Freya Gerz: Sketchbook
© Freya Gerz
Curatorial Statement
Visit the exhibition Sketchbook >
Photographs, images, are more than what they appear to be. Going beyond the idea associated with photographs as document, recording what is in front of the lens at a moment in time. Images steer our understanding of what we know and what we do not know. Images ask questions, or better yet, we ask questions of images.
Photographs mean nothing until acted upon by a viewer/reader of the visual text. It is the interaction of the behavior of looking by a reader and the artifact (photograph) produced by the intentional behavior of an author. Photographs are objects created to be the medium through which authors and readers come together. Similar to a book of text, the text on the page is the space where the author and the reader meet in an attempt to create a shared meaning. We can safely say that a photograph means nothing until the author and reader says it does. It is this interaction of author and reader that we come to the work of Freya Gerz.
Gerz’s visual text, “Sketchbook” moves us beyond the boundaries of a collection of photographs (we can use the terms “text” and “photographs” interchangeably for both are constructions created to be acted upon) to an intentional sequence of images as displayed in her exhibition in VASA and in her forthcoming book. The work must be seen as an act of intellect and not a randomization or gesture. The title “Sketchbook” carries its own references and implications.
In “Sketchbook” we address more than individual images but an intentionally ordered sequence of experiences creating spaces and boundaries for the evolution of meaning. (I use the concept of evolution in reference to the fluidness of meaning as we experience the design and organization of “Sketchbook”.)
Not to see the images as located in broader contexts is to experience the images as fixed with no connection (historical, social or political), are isolated and doomed to a life of ambiguity and meaningless existing within a sea of possibilities. From this perspective there is not “a” meaning but many possible meanings.
As readers of this text we are invited to go further, to engage and explore the spaces between each image, to pause and read the space as an image itself. Here the juxtaposition of spaces and images provide the reader with fertile air through which to construct meaning(s).

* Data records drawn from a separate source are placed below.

-- ===== src/Text/Laws.antt =====
-- What stripping does.
use Prim.Native.Char.{Char}
use query_smith.Prelude.{String, Bool, true, false, ◌≡◌, refl, arith, [], ◌∷◌}
use query_smith.Text.{rstrip_by, strip, contains, ends_with_char, join, lower}

module _ (p : Char → Bool) where
  rstrip_by_idem : (s : String) → rstrip_by p (rstrip_by p s) ≡ rstrip_by p s
  unfolding rstrip_by
  rstrip_by_idem String.[] = refl
  rstrip_by_idem (String.◌∷◌ c s) = ground (arith, rstrip_by_idem s)

text_tests :
    (strip "  a b \n" ≡ "a b")
    × (strip " \t" ≡ "")
    × (contains "Seek" "Clustered Index Seek" ≡ true)
    × (contains "Seek" "Table Scan" ≡ false)
    × (ends_with_char ";" "a;" ≡ true)
    × (join ", " ("a" ∷ "b" ∷ []) ≡ "a, b")
    × (lower "SELECT x" ≡ "select x")
unfolding strip contains ends_with_char join lower
text_tests = (refl, refl, refl, refl, refl, refl, refl)
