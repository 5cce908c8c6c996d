-- ===== src/Web.antt =====
-- web/: the stores of the local web UI, its schemas, its handlers, and their interleavings.
pub mod Session
pub mod LastResult
pub mod Schemas
pub mod Handler
pub mod Replies
pub mod App
pub mod System
pub mod Production
pub mod Server
pub mod Invariant
pub mod Laws
pub mod Explained
pub mod Sample
mod Tests
pub mod Connecting
pub mod Disconnected
pub mod Schedules
pub mod Races
pub mod Refinement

If we approach images as metaphors, ripe with potential for significance, the in-between space between images shelters a dialog of conflict between the images, giving cause for evolving insights and understandings existing within a consolation of possibilities. It is within these possibilities that the reader finds the richness of the text and its un-imposed universe of meanings.
The concept behind “conflict” emerges out of “Montage Theory” as put forward by Sergei Eisenstein in the second decade of the 20th century.
Montage theory, in its rudimentary form, asserts that a series of connected images allows for complex ideas to be extracted from a sequence and, when strung together, constitute the entirety of a film's ideological and intellectual power. (Wikipedia.org)
and
Montage' means bringing the conflicting images/shots together that gives a unique contrast leaving a shock and anticipation for the audience. Eisenstein believed that more the conflicting the shots are the more it is intellectual leaving its audience in shock which also stirs their inner emotions. (https://www.filmtheory.org/soviet-montage-theory/)
In light of “Sketchbook” the sequencing or montage of images provides a challenge to the reader (as well as to the author) in their understanding of the work. Freya Gerz provides the reader with images that at first appear to have no connection to each other beyond the fact that they exist between the first and last image – book ends.
|
Bookends: first and last image in "Sketchbook" Each image with its own signification, the space inbetween is the work.
How do you move from one image to the other, the start to the end?
In this manner we are forced to see the images in a specific order a sequence, challenging us to “make sense” of it. At a point in this process the author of the text becomes its reader, sequencing and re-sequencing the flow of experience to a point where it makes sense. The author becomes the text’s first reader.
Freya’s images, ambiguous in design, are best approached as metaphors and notations on the author’s acts, her decisions. The meaning of an imags is not fixed or grounded, but exists in a constellation of potential meanings. As Eisenstein’s definition suggests it is the conflicting nature of her images that brings about a challenge to making sense. The reader is then further challenged to make sense of the relationships formed by the spaces between each image. It is the space, the possibilities that gives the work its significance.
This concept is interesting in that it positions the potential meaning of the work within the spaces found between images. Images that conflict and struggle to find signification. The challenge to the reader of her text is to first confront possible meaning(s) of individual images, then to the image created as a result of the positioning or sequencing – the space. The signification of “Sketchbook” lies not in the individual images and spaces, but in its totality.
Freya Gerz’s “Sketchbook” provides the reader of her text with a challenge: What does it mean.